Our musical selection will also include The Blue Bird by Stanford, a beautifully meditative piece, describing the path of a bird over a lake; Auf Dem See by Mendelssohn (first published in 1838, based on a text by Johann Wolfgang von Goethe); The Ballad of Semmerwater (1910) by Edgar Bainton and the celebratory Cloudburst by Eric Whitacre. This piece (text adapted from a poem by Octavio Paz) is a wonderfully intricate depiction of a stormy cloudburst. Spoken and sung sections, other instruments, dissonance, clapping and snapping all cleverly combine as the storm builds, then fades.

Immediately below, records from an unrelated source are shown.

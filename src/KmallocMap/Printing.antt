-- ===== src/KmallocMap/Printing.antt =====
-- ex7.c: `init`, `char_mmap`, `char_release` and `cleanup` model the functions of that name.
use lkms.Prelude.{
  ℕ, zero, suc, ◌+◌, ◌*◌, ◌==◌, ltb, if◌then◌else◌, true, false, List, ℤ, pos, neg, ◌==ℤ◌, add64,
  page_size,
}
use lkms.Kernel.Run.{Run, ok, out_of_fuel, ◌>>=◌}
use lkms.KmallocMap.{
  State, page_limit, page_align, store, sprintf, page_text, reserve_pages, print_pages,
}

-- The last loop of `init`.
unfoldable pub write_pages : ℕ → (i end count : ℕ) → (buffer : List ℕ) → State → Run State
write_pages zero i e count buffer s = out_of_fuel
write_pages (suc fuel) i e count buffer s = elim (ltb i e) [
  | true ↦ sprintf (page_text count) buffer >>= λ filled.
      store i filled s >>= λ t. write_pages fuel (add64 i page_size) e (count + 1) filled t
  | false ↦ ok s
]

-- `got` and `major` are what kmalloc and register_chrdev return; `stack` is what the array
-- `buffer[50]` holds at first.
unfoldable pub init : (got : ℕ) → (major : ℤ) → (stack : List ℕ) → State → Run (ℤ × State)
init got major stack s =
    let s1 = record s {
      kmalloc_ptr = got;
      allocated = true;
      kmalloc_area = page_align got;
      major_number = major;
    } in
    let filled = reserve_pages 17 0 s1 >>= λ s2.
    let e = add64 s2.kmalloc_area (page_limit * page_size) in
    let s3 = record s2 { end = e } in
    write_pages 17 s3.kmalloc_area e 1 stack s3 >>= λ t. ok (pos 0, t) in
    if got == 0
    then ok (neg 12, record s { kmalloc_ptr = 0 })
    else if major ==ℤ pos 0
    then ok (pos 0, s1)
    else filled

-- The texts that are printed when the device is closed.
unfoldable pub char_release : State → Run (List (List ℕ) × ℤ)
char_release s = print_pages 17 s.kmalloc_area s.end s >>= λ texts. ok (texts, pos 0)

-- The pages are marked reserved once more, where the comment says that they are unreserved.
unfoldable pub cleanup : State → Run (List (List ℕ) × State)
cleanup s = print_pages 17 s.kmalloc_area s.end s >>= λ texts.
    reserve_pages 17 0 s >>= λ t. ok (texts, record t { allocated = false })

We are also very excited to be welcoming Oliver Brown, a talented oboe soloist, to perform at the concert. He is the principal oboe at Opera North Youth Orchestra and will be continuing his studies in September at the Guildhall School of Music and Drama in London, having accepted a scholarship there. He will be playing Telemann’s Sonata in A Minor, Binge’s The Watermill and Mozart’s Sonata in F Major Don’t miss the opportunity to hear this superb performer!

The concert will take place at West Bridgford Methodist Church (Musters Rd, Nottingham, NG2 7PQ) on Sunday June 30th at 3.30pm. Tickets are £10 and include a tasty cream tea! We look forward to seeing you there!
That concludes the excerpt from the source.